Single cell cluster naming

I know in general the Allen institute does a lot of careful thought in naming single cell clusters, but I am seeing a general trend with a lot of single cell papers from other places and am trying to get a better understanding on best practices and considerations

It seems like a lot of single cell papers will name cluster based on “canonical markers”. Where they will basically cherry pick a cluster based on the expression of these markers many of which are neuropeptides. This is done even for clusters where there is only a handful of the thousands of cells in a cluster that show sparse to no expression of these markers. I’ve even seen papers where a different cluster will show higher expression of one of these markers, but they will call the cluster with lower expression the marker. Additionally often times many of these clusters show expression of multiple “markers” not just the one they decide to call the cluster.

Can someone help me make sense of the logic behind this. Is it basically other papers have shown the existence of these cells so they must exist… Even though we don’t have any clusters that show high expression of these marker genes we are just going to assume because the other cells in this cluster share gene expression levels that this cluster it should still be called this? If so, how do we ignore that often times these cluster express many of these markers. Why doesn’t anyone ever do rnascope with these markers and some of the top genes that are exclusively expressed in the same cluster to show that these cells actually exist.

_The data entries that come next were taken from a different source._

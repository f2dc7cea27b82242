-- ===== src/Transform/Orphans.antt =====
-- `insertOrphanToolResults` of ai/apis/transform.go. The loop's result slice is what it has
-- appended so far; `now n` is the clock read while the message at place `n` of it is made.
pub mod Fill
pub mod Settled
pub mod Kept
use kern_proxy.Base.{
  ℕ, ◌+◌, ◌≡◌, refl, Bool, true, false, not, ◌&&◌, ◌||◌, Option, none, some, List, [], ◌∷◌, ◌++◌,
  String, ◌=ₛ◌, arith, if◌then◌else◌, items, length,
}
use kern_proxy.Base.Int.{ℤ}
use kern_proxy.Messages.{
  TextContent, ToolCall, AssistantPart, UserPart, AssistantMessage, UserMessage, ToolResultMessage,
  Message, StopReason,
}

unfoldable pub contains : List String → String → Bool
contains [] id = false
contains (x ∷ xs) id = x =ₛ id || contains xs id

abbrev pub no_result : ToolCall → ℤ → ToolResultMessage
no_result call now = record {
  tool_call_id = call.id;
  tool_name = call.name;
  content = some (UserPart.text (record { text = "No result provided"; text_signature = "" }) ∷ []);
  details = none;
  is_error = true;
  timestamp = now;
}

-- The loop of `flush`.
unfoldable pub flush : (ℕ → ℤ) → List String → List ToolCall → List Message → List Message
unfolding contains
flush now existing [] result = result
flush now existing (call ∷ calls) result = flush now existing calls (
    if contains existing call.id
    then result
    else result ++ Message.tool_result (no_result call (now (length result))) ∷ [])

unfoldable pub tool_calls : List AssistantPart → List ToolCall
tool_calls [] = []
tool_calls (AssistantPart.tool_call call ∷ bs) = call ∷ tool_calls bs
tool_calls (AssistantPart.text _ ∷ bs) = tool_calls bs
tool_calls (AssistantPart.thinking _ ∷ bs) = tool_calls bs

abbrev pub is_failed : StopReason → Bool
is_failed StopReason.error = true
is_failed StopReason.aborted = true
is_failed _ = false

-- The loop's variables.
pub record State : Type 0 where
  pub result : List Message
  pub pending : List ToolCall
  pub existing : List String

-- `flush()` as the loop calls it.
unfoldable pub flushed : (ℕ → ℤ) → State → State
unfolding flush
flushed now s = record {
  result = flush now s.existing s.pending s.result;
  pending = [];
  existing = [];
}

abbrev pub append : State → Message → State
append s m = record s { result = s.result ++ m ∷ [] }

-- `pendingToolCalls = toolCalls` and the reset, if there are calls.
abbrev pub expect : State → List ToolCall → State
expect s [] = s
expect s (c ∷ cs) = record s { pending = c ∷ cs; existing = [] }

unfoldable pub visit : (ℕ → ℤ) → State → Message → State
unfolding flushed tool_calls
visit now s (Message.assistant m) =
    if is_failed m.stop_reason
    then flushed now s
    else append (expect (flushed now s) (tool_calls (items m.content))) (Message.assistant m)
visit now s (Message.tool_result m) =
    append (record s { existing = m.tool_call_id ∷ s.existing }) (Message.tool_result m)
visit now s (Message.user m) = append (flushed now s) (Message.user m)

unfoldable pub visit_all : (ℕ → ℤ) → State → List Message → State
unfolding visit
visit_all now s [] = flushed now s
visit_all now s (m ∷ ms) = visit_all now (visit now s m) ms

unfoldable pub insert_orphan_tool_results : (ℕ → ℤ) → List Message → List Message
unfolding visit_all
insert_orphan_tool_results now ms =
    (visit_all now (record { result = []; pending = []; existing = [] }) ms).result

Can someone help me make sense of this. Is anyone aware of any white papers, blog posts, or publications from prominent people in the field that discuss the logic behind this and how one should to think about cluster naming?

Hello! I have reached out to our scientists and they provided the answer below. I hope it helps.

Unfortunately, best practices for annotating single-cell RNA-seq (scRNA-seq) clusters vary across biological fields. In hematology, for example, historical precedent with canonical markers and established references allows for more unbiased annotation using software tools like AUCell, SingleR, Azimuth, and Viewmaster. These tools rely on high-quality, regularly updated references, which work best for studying normal development. Cancer cells become a little funky and express a multitude of lineage markers and are therefore hard to annotate with known references and often need manual annotation.Another approach is using gene signatures from resources like the Molecular Signatures Database (MSigDB) that have been experimentally validated and describe certain cell types or states. While not complete reference atlases, these signatures can complement cell type annotation with canonical marker genes. Yet, manual annotation remains necessary when experimental conditions differ from available gene signatures.Many labs that investigate biological questions (and do not develop scRNAseq methods) use orthogonal techniques such as bulkRNA-seq, spatial transcriptomics, flowcytometry and immunofluorescence to learn about their specific experimental systems and validate scRNA-seq results. These methods, combined with field-specific expertise, enhance cluster annotation. Papers should provide clearer descriptions of annotation methods to aid interpretation.Another more novel notion in the field is that many cell types share markers and that marker expression can be noisy or overlap across clusters due to shared lineage or differentiation states. This makes single-cell clustering inherently a simplification of biological reality. Techniques like pseudotime analysis and RNA velocity offer more nuanced views, treating cell states as a continuum rather than discrete clusters. Best practices for scRNA-seq annotation should include:

  1. Integration: Compare to high-quality reference datasets if available.
  2. Multi-marker Signatures: Define clusters based on comprehensive experimentally validated gene expression profiles.
  3. Contextualization: Consider experimental conditions and biological context.
  4. Validation: Use orthogonal methods to confirm findings (always!).
  5. Neutral Labeling: Use descriptive labels (e.g., “X high/Y low”) rather than prematurely assigning cell types.